With return and duration fixed, the projected corpus rises in direct proportion to the SIP amount. Moving from ₹5,000 to ₹10,000 doubles the invested amount and doubles the projected corpus, and ₹15,000 lifts it further under the same setup. This is useful because it shows exactly what a higher monthly commitment changes, especially when comparing different categories of mutual funds in India under the same assumptions.

  • The compounding takeaway

The gain also scales up as the SIP increases because more money stays invested over the full decade. A key takeaway here is that returns are never guaranteed, yet time continues to compound steadily in the background.

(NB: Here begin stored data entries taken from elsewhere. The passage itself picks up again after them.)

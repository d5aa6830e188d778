-- ===== src/Server/Matching.antt =====
-- The two tables of the server: every job has an owner, and every owner a job.
use jobs.Prelude.{
  Text, text_eq_iff, trim_space, lookup, insert, delete, lookup-insert, lookup-delete, List, [],
  Bool, true, false, Option, none, some, if◌then◌else◌, ◌≡◌, ◌≢◌, ◌↔◌, inl, inr, refl, arith,
  Bool-cases,
}
use jobs.Acl.{AccessControl}
use jobs.Acl
use jobs.Job.{Job, Sys, returns, blocks, panics, Outcome}
use jobs.Effects.{System}
use jobs.Supervisor.{JobSupervisor, update, add}
use jobs.Supervisor
use jobs.Supervisor.Shapes.{Updates, Removes, stop-Updates, logs-Updates, remove-Removes}
use jobs.Supervisor.Table.{IsKeyed}
use jobs.Supervisor.Starting.{start_cases}
use jobs.Server.{
  JobServer, StopMode, Limits, waits, has_read_access, has_full_access, start, stop, remove,
  open_logs, after_remove, is_graceful, to_job_limits,
}

-- Every entry stands under its job's id, and an id has an entry exactly when it has an owner.
pub record Matched (s : JobServer) : Type 0 where
  pub keyed : IsKeyed s.jobs
  pub owned : (id : Text) → (lookup id s.jobs.jobs ≡ none) ↔ (lookup id s.auth.owners ≡ none)

Updates-Matched :
    (s : JobServer) (id : Text) (t : JobSupervisor)
    → Updates id s.jobs t
    → Matched s
    → Matched (record s { jobs = t })
Updates-Matched s id t (inl e) m = rw e m
Updates-Matched s id t (inr (j, k, found, same, e)) m = rw e (record {
  keyed = λ i l h.
      ground (
        arith,
        lookup-insert id i k s.jobs.jobs,
        text_eq_iff id i,
        m.keyed i l,
        m.keyed id j found,
      );
  owned = λ i. (
    λ h. ground (arith, lookup-insert id i k s.jobs.jobs, text_eq_iff id i, m.owned i),
    λ h. ground (arith, lookup-insert id i k s.jobs.jobs, text_eq_iff id i, m.owned i),
  );
})

Matched-if :
    {A : Type 0} (b : Bool) (x y : JobServer × A)
    → Matched x.0
    → Matched y.0
    → Matched (if b then x else y).0
Matched-if true x y p q = p
Matched-if false x y p q = q

pub stop-Matched :
    (sys : Sys) (s : JobServer) (cid : Option Text) (jid : Text) (mode : StopMode)
    → Matched s
    → Matched (stop sys s cid jid mode).0
unfolding stop
stop-Matched sys s none jid mode m = m
stop-Matched sys s (some cid) jid mode m =
    Matched-if (has_full_access s cid jid) _ _
      (Updates-Matched s jid _ (stop-Updates sys s.jobs jid (is_graceful mode)) m) m

pub open_logs-Matched :
    (sys : Sys) (s : JobServer) (cid : Option Text) (jid : Text)
    → Matched s
    → Matched (open_logs sys s cid jid).0
unfolding open_logs
open_logs-Matched sys s none jid m = m
open_logs-Matched sys s (some cid) jid m =
    Matched-if (has_read_access s cid jid) _ _
      (Updates-Matched s jid _ (logs-Updates sys s.jobs jid) m) m

-- An entry and its owner go together.
deleted-Matched :
    (s : JobServer) (id : Text)
    → Matched s
    → Matched (record s {
      jobs = record (s.jobs) { jobs = delete id s.jobs.jobs };
      auth = (Acl.remove s.auth id).0;
    })
unfolding Acl.remove
deleted-Matched s id m = record {
  keyed = λ i l h. ground (arith, lookup-delete id i s.jobs.jobs, text_eq_iff id i, m.keyed i l);
  owned = λ i. (
    λ h. ground (
      arith,
      lookup-delete id i s.jobs.jobs,
      lookup-delete id i s.auth.owners,
      text_eq_iff id i,
      m.owned i,
    ),
    λ h. ground (
      arith,
      lookup-delete id i s.jobs.jobs,
      lookup-delete id i s.auth.owners,
      text_eq_iff id i,
      m.owned i,
      m.owned id,
    ),
  );
}

returned-Matched :
    (s : JobServer) (id : Text) (j k : Job)
    → lookup id s.jobs.jobs ≡ some j
    → k.id ≡ j.id
    → Matched s
    → Matched (record s { jobs = record (s.jobs) { jobs = insert k.id k (delete id s.jobs.jobs) } })
returned-Matched s id j k found same m = record {
  keyed = λ i l h. ground (
    arith,
    lookup-insert k.id i k (delete id s.jobs.jobs),
    lookup-delete id i s.jobs.jobs,
    text_eq_iff id i,
    text_eq_iff k.id i,
    m.keyed i l,
  );
  owned = λ i. (
    λ h. ground (
      arith,
      lookup-insert k.id i k (delete id s.jobs.jobs),
      lookup-delete id i s.jobs.jobs,
      text_eq_iff id i,
      text_eq_iff k.id i,
      m.owned i,
      m.keyed id j found,
    ),
    λ h. ground (
      arith,
      lookup-insert k.id i k (delete id s.jobs.jobs),
      lookup-delete id i s.jobs.jobs,
      text_eq_iff id i,
      text_eq_iff k.id i,
      m.owned i,
      m.keyed id j found,
    ),
  );
}

removed-Matched :
    (s : JobServer) (id : Text) (t : JobSupervisor) (e : Option Supervisor.Error)
    → Matched s
    → Removes id s.jobs t e
    → Matched (after_remove s id (returns (t, e))).0
removed-Matched s id t none m (inl (_, e)) = rw e (deleted-Matched s id m)
removed-Matched s id t (some x) m (inl (n, e)) = cc
removed-Matched s id t none m (inr (inl (n, e))) = absurd (n refl)
removed-Matched s id t (some x) m (inr (inl (n, e))) = rw e m
removed-Matched s id t none m (inr (inr (n, w))) = absurd (n refl)
removed-Matched s id t (some x) m (inr (inr (n, (j, k, found, same, e)))) =
    rw e (returned-Matched s id j k found same m)

pub remove-Matched :
    (sys : Sys) (s : JobServer) (cid : Option Text) (jid : Text)
    → (remove sys s cid jid).1 ≢ waits
    → Matched s
    → Matched (remove sys s cid jid).0
unfolding remove
remove-Matched sys s none jid w m = m
remove-Matched sys s (some cid) jid w m = elim (Bool-cases (has_full_access s cid jid)) [
  | inl full ↦ full_access full
  | inr denies ↦ rw (denies, remove) m
]
  where
    go :
        has_full_access s cid jid ≡ true
        → (r : Outcome (JobSupervisor × Option Supervisor.Error))
        → Supervisor.remove sys s.jobs jid ≡ r
        → Matched (after_remove s jid r).0
    go full (returns (t, e)) q = removed-Matched s jid t e m (remove-Removes sys s.jobs jid t e q)
    go full blocks q = absurd (w (rw (full, q, remove) refl))
    go full panics q = m

    full_access : has_full_access s cid jid ≡ true → Matched (remove sys s (some cid) jid).0
    full_access full = rw (full, remove) (go full (Supervisor.remove sys s.jobs jid) refl)

add-Matched :
    (s : JobServer) (j : Job) (c : Text)
    → trim_space c ≢ []
    → trim_space j.id ≡ j.id
    → j.id ≢ []
    → Matched s
    → Matched (record s { jobs = add s.jobs j; auth = (Acl.set_owner s.auth j.id c).0 })
unfolding add Acl.set_owner
add-Matched s j c b t n m = record {
  keyed =
      λ i l h. ground (arith, lookup-insert j.id i j s.jobs.jobs, text_eq_iff j.id i, m.keyed i l);
  owned = λ i. (
    λ h. ground (
      arith,
      lookup-insert j.id i j s.jobs.jobs,
      lookup-insert j.id i (trim_space c) s.auth.owners,
      text_eq_iff j.id i,
      text_eq_iff (trim_space c) [],
      text_eq_iff (trim_space j.id) [],
      m.owned i,
    ),
    λ h. ground (
      arith,
      lookup-insert j.id i j s.jobs.jobs,
      lookup-insert j.id i (trim_space c) s.auth.owners,
      text_eq_iff j.id i,
      text_eq_iff (trim_space c) [],
      text_eq_iff (trim_space j.id) [],
      m.owned i,
    ),
  );
}

pub start-Matched :
    (host : System) (s : JobServer) (c : Text) (cmd : Text) (args : List Text)
    (limits : Option Limits)
    → trim_space c ≢ []
    → trim_space host.new_id ≡ host.new_id
    → host.new_id ≢ []
    → Matched s
    → Matched (start host s (some c) cmd args limits).0
unfolding start
start-Matched host s c cmd args none b t n m = m
start-Matched host s c cmd args (some l) b t n m =
    elim (start_cases host s.jobs cmd args (to_job_limits l)) [
      | inl (e, q) ↦ rw q m
      | inr (j, q, i, _, _, _) ↦ rw q (add-Matched s j c b (rw i t) (rw i n) m)
    ]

To test the power of time more clearly, rerun the same three SIP amounts over 15 years using the same 5% return assumption. Then compare how the gap between the invested amount and projected value widens.

  • The cash flow reality check

The SIP calculator’s value is the discipline it demands. ₹15,000 may project a higher corpus, but it also requires ₹18 lakh of total contributions over 10 years. That makes the decision clearer: the “best” SIP amount is the one you can maintain through every kind of month.

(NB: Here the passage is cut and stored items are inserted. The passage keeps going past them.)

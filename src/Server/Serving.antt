-- ===== src/Server/Serving.antt =====
-- The server through any calls of its clients.
use jobs.Prelude.{Text, ℤ, trim_space, lookup, List, [], Option, none, some, ◌≡◌, ◌≢◌, arith}
use jobs.Acl.{AccessControl, full_access}
use jobs.Acl
use jobs.Job.{Sys}
use jobs.Effects.{System}
use jobs.Supervisor.{JobSupervisor, update, add}
use jobs.Supervisor
use jobs.Server.Matching.{Matched, start-Matched, stop-Matched, remove-Matched, open_logs-Matched}
use jobs.Flags.Numbers.{atoi}
use jobs.Server.{
  JobServer, StopMode, Limits, waits, start, stop, remove, open_logs, finish_new, add_readers, new,
  created,
}

-- A call that a client can make, and the server after it. A client's id has more than blanks, and
-- a new job's id is not empty and has none at its ends (xid writes twenty letters and digits); a
-- Remove has come back.
pub data Serves (s : JobServer) : JobServer → Type 0 where
  begun : Serves s s
  started :
      {t : JobServer}
      → Serves s t
      → (host : System) (c cmd : Text) (args : List Text) (limits : Option Limits)
      → trim_space c ≢ []
      → trim_space host.new_id ≡ host.new_id
      → host.new_id ≢ []
      → Serves s (start host t (some c) cmd args limits).0
  stopped :
      {t : JobServer}
      → Serves s t
      → (sys : Sys) (cid : Option Text) (jid : Text) (mode : StopMode)
      → Serves s (stop sys t cid jid mode).0
  removed :
      {t : JobServer}
      → Serves s t
      → (sys : Sys) (cid : Option Text) (jid : Text) → (remove sys t cid jid).1 ≢ waits
      → Serves s (remove sys t cid jid).0
  opened :
      {t : JobServer}
      → Serves s t
      → (sys : Sys) (cid : Option Text) (jid : Text) → Serves s (open_logs sys t cid jid).0

Serves-Matched : {s t : JobServer} → Matched s → Serves s t → Matched t
Serves-Matched m begun = m
Serves-Matched m (started v host c cmd args limits b t n) =
    start-Matched host _ c cmd args limits b t n (Serves-Matched m v)
Serves-Matched m (stopped v sys cid jid mode) = stop-Matched sys _ cid jid mode (Serves-Matched m v)
Serves-Matched m (removed v sys cid jid w) = remove-Matched sys _ cid jid w (Serves-Matched m v)
Serves-Matched m (opened v sys cid jid) = open_logs-Matched sys _ cid jid (Serves-Matched m v)

finish_new-Matched :
    (full read : List Text) (u g : Option ℤ) (s : JobServer)
    → finish_new (add_readers (Acl.add_super_users Acl.new full full_access) read) u g ≡ created s
    → Matched s
unfolding Acl.new Acl.add_super_users Supervisor.new_supervisor lookup
finish_new-Matched full read none g s h = cc
finish_new-Matched full read (some u) none s h = cc
finish_new-Matched full read (some u) (some g) s h = record {
  keyed = λ i l q. ground arith;
  owned = λ i. (λ q. ground arith, λ q. ground arith);
}

pub new-Matched :
    (full read : List Text) (u g : Text) (s : JobServer) → new full read u g ≡ created s → Matched s
unfolding new
new-Matched full read u g s h = finish_new-Matched full read (atoi u) (atoi g) s h

-- Through any calls on a new server where the name of each client that starts a job is not blank,
-- each new id is not empty and has no blanks at its ends, and each Remove comes back, each job stands
-- under its id, and the server knows an owner for exactly the ids that it has a job for: no job is
-- without an owner, and no owner outlives its job.
pub served-Matched :
    (full read : List Text) (u g : Text) {s t : JobServer}
    → new full read u g ≡ created s
    → Serves s t
    → Matched t
served-Matched full read u g h v = Serves-Matched (new-Matched full read u g _ h) v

  • The step-up option for practical scaling

If ₹15,000 feels like a stretch today, model a step-up path. Starting at ₹10,000 and increasing the SIP annually can move you closer to the higher-corpus outcome without front-loading stress. This approach often improves consistency, which is what long-term outcomes depend on most.

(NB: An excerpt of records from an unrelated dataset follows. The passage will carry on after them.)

-- ===== src/Config/Raw/Settings.antt =====
-- src/config/raw.rs: the configurations of Identity::server_with and Identity::client_with, and that
-- an end configured with a pin admits exactly the identity with the pinned key.
pub mod Mutual
use tls.Base.{ℕ, zero, Bool, true, false, not, Option, none, some, Result, ok, err, List}
use tls.Outside.{Outside}
use tls.Error.{Error}
use tls.Config.{Crypto, client_tls13, server_tls13}
use tls.Config.Raw.{RawKeys, Identity, Peer, new_peer, verify_server_cert, verify_client_cert}
use tls.Config.Raw.Pinned.{admits}

module _ ⦃o : Outside⦄ ⦃c : Crypto⦄ ⦃k : RawKeys⦄ where
  open k use {algorithms, CertifiedKey, chain}

  -- What a configuration says of the peer and of itself. `pinned` is `none` for NoClientAuth.
  pub record ServerSettings : Type 0 where
    pub pinned : Option Peer
    pub own_key : CertifiedKey
    pub send_tls13_tickets : ℕ
    pub stores_sessions : Bool
    pub cache_disabled : Bool

  pub record ClientSettings : Type 0 where
    pub server_pin : Peer
    pub client_key : Option CertifiedKey
    pub resumes : Bool
    pub cache_disabled : Bool

  -- Identity::server_with. The builder's defaults are overwritten; the cache of compressed
  -- certificates is disabled unless it is shared, which `Arc::get_mut` finds.
  pub server_with : Identity → Option (List ℕ) → Bool → Result Error ServerSettings
  unfolding new_peer
  server_with identity pin shared_cache = elim server_tls13 [
    | err cause ↦ err cause
    | ok builder ↦ ok (record {
      pinned = elim pin [ some key ↦ some (new_peer key (algorithms builder)) | none ↦ none ];
      own_key = identity.key;
      send_tls13_tickets = 0;
      stores_sessions = false;
      cache_disabled = not shared_cache;
    })
  ]

  -- Identity::client_with.
  pub client_with : List ℕ → Option Identity → Bool → Result Error ClientSettings
  unfolding new_peer
  client_with pin identity shared_cache = elim client_tls13 [
    | err cause ↦ err cause
    | ok builder ↦ ok (record {
      server_pin = new_peer pin (algorithms builder);
      client_key = elim identity [ some own ↦ some own.key | none ↦ none ];
      resumes = false;
      cache_disabled = not shared_cache;
    })
  ]

  -- Identity::server, server_auth, client and mutual (`mutual_client`).
  pub server : Identity → Bool → Result Error ServerSettings
  unfolding server_with
  server identity shared_cache = server_with identity none shared_cache

  unfoldable pub server_auth : Identity → List ℕ → Bool → Result Error ServerSettings
  unfolding server_with
  server_auth identity pin shared_cache = server_with identity (some pin) shared_cache

  pub client : List ℕ → Bool → Result Error ClientSettings
  unfolding client_with
  client pin shared_cache = client_with pin none shared_cache

  unfoldable pub mutual_client : Identity → List ℕ → Bool → Result Error ClientSettings
  unfolding client_with
  mutual_client identity pin shared_cache = client_with pin (some identity) shared_cache

  -- What a server presents to a client, and a client to a server, which NoClientAuth does not ask for.
  pub client_admits : ClientSettings → ServerSettings → Bool
  client_admits own peer = admits (verify_server_cert own.server_pin) (chain peer.own_key)

  pub server_admits : ServerSettings → ClientSettings → Bool
  server_admits own peer = elim own.pinned [
    | none ↦ true
    | some pin ↦ elim peer.client_key [
      | none ↦ false
      | some key ↦ admits (verify_client_cert pin) (chain key)
    ]
  ]
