-- ===== src/Config/Raw/Settings/Mutual.antt =====
-- src/config/raw.rs: what a server and a client with pins admit of each other.
use tls.Base.{
  ℕ, ◌≡◌, ◌↔◌, sym, ap, ◌∙◌, inl, inr, Result-cases, Bool, true, none, some, ok, List, [], ◌∷◌,
  ◌++◌, arith,
}
use tls.Outside.{Outside}
use tls.Config.{Crypto, client_tls13, server_tls13}
use tls.Config.Raw.{
  RawKeys, spki_prefix, Identity, from_seed, new_peer, verify_server_cert, verify_client_cert,
}
use tls.Config.Raw.Pinned.{RawKeysLaws, admits, admits_iff, from_seed-chain}
use tls.Config.Raw.Settings.{
  ServerSettings, ClientSettings, server_auth, mutual_client, client_admits, server_admits,
}

spki-injective : (xs ys : List ℕ) → (spki_prefix ++ xs) ∷ [] ≡ (spki_prefix ++ ys) ∷ [] → xs ≡ ys
spki-injective xs ys e = ground arith

module _ ⦃o : Outside⦄ ⦃c : Crypto⦄ ⦃k : RawKeys⦄ where
  open k use {algorithms, chain, Algorithms}

  -- An identity that is made of a seed presents the pinned key exactly when the pin is its key.
  shown-from_seed :
      (laws : RawKeysLaws) (seed : List ℕ) (id : Identity) (pin : List ℕ)
      → from_seed seed none none ≡ ok id
      → (chain id.key ≡ (spki_prefix ++ pin) ∷ []) ↔ (pin ≡ id.identity_key)
  shown-from_seed laws seed id pin e =
      let shown = from_seed-chain laws seed none none id e in
      (
        λ same. spki-injective pin id.identity_key (sym same ∙ shown),
        λ same. shown ∙ ap (λ key. (spki_prefix ++ key) ∷ []) (sym same),
      )

  -- Of a peer with a pin, so do both verifiers.
  admits-from_seed :
      (laws : RawKeysLaws) (seed : List ℕ) (id : Identity) (pin : List ℕ) (algs : Algorithms)
      → from_seed seed none none ≡ ok id
      → ((admits (verify_server_cert (new_peer pin algs)) (chain id.key) ≡ true)
          ↔ (pin ≡ id.identity_key))
        × ((admits (verify_client_cert (new_peer pin algs)) (chain id.key) ≡ true)
            ↔ (pin ≡ id.identity_key))
  admits-from_seed laws seed id pin algs e =
      let (to, from) = shown-from_seed laws seed id pin e in
      let ((server_to, server_from), (client_to, client_from)) =
        admits_iff pin algs (chain id.key) in
      (
        (λ yes. to (server_to yes), λ same. server_from (from same)),
        (λ yes. to (client_to yes), λ same. client_from (from same)),
      )

  server_auth-ok :
      (id : Identity) (pin : List ℕ) (shared : Bool) (s : ServerSettings)
      → server_auth id pin shared ≡ ok s
      → (algs : Algorithms) × (s.own_key ≡ id.key) × (s.pinned ≡ some (new_peer pin algs))
  unfolding server_auth
  server_auth-ok id pin shared s e = elim (Result-cases server_tls13) [
    | inl (builder, f) ↦ (algorithms builder, ground arith, ground arith)
    | inr (cause, f) ↦ absurd (ground arith)
  ]

  mutual_client-ok :
      (id : Identity) (pin : List ℕ) (shared : Bool) (t : ClientSettings)
      → mutual_client id pin shared ≡ ok t
      → (algs : Algorithms) × (t.client_key ≡ some id.key) × (t.server_pin ≡ new_peer pin algs)
  unfolding mutual_client
  mutual_client-ok id pin shared t e = elim (Result-cases client_tls13) [
    | inl (builder, f) ↦ (algorithms builder, ground arith, ground arith)
    | inr (cause, f) ↦ absurd (ground arith)
  ]

  -- A server with a pinned client key and a client with a pinned server key, both made of seeds, admit
  -- each other exactly when each pin is the key of the other's identity, where a certified key keeps
  -- its chain.
  pub server_auth-mutual :
      (laws : RawKeysLaws) (own_seed peer_seed : List ℕ) (own peer : Identity)
      (pin peer_pin : List ℕ)
      → (shared peer_shared : Bool) (s : ServerSettings) (t : ClientSettings)
      → from_seed own_seed none none ≡ ok own
      → from_seed peer_seed none none ≡ ok peer
      → server_auth own pin shared ≡ ok s
      → mutual_client peer peer_pin peer_shared ≡ ok t
      → ((server_admits s t ≡ true) ↔ (pin ≡ peer.identity_key))
        × ((client_admits t s ≡ true) ↔ (peer_pin ≡ own.identity_key))
  unfolding server_admits client_admits
  server_auth-mutual laws own_seed peer_seed own peer pin peer_pin shared peer_shared s t eo ep es
        et =
      let (algs, own_key, pinned) = server_auth-ok own pin shared s es in
      let (peer_algs, client_key, server_pin) = mutual_client-ok peer peer_pin peer_shared t et in
      (
        rw (pinned, client_key) (admits-from_seed laws peer_seed peer pin algs ep).1,
        rw (server_pin, own_key) (admits-from_seed laws own_seed own peer_pin peer_algs eo).0,
      )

Make your SIP decision with clarity and consistency

An SIP calculator helps you compare ₹5,000, ₹10,000, and ₹15,000 in a like-for-like way by keeping the timeline and return assumption constant. When the outcomes sit side by side, the decision becomes more practical. You can assess which monthly amount fits your cash flow, which corpus target feels achievable, and how long you are willing to stay invested.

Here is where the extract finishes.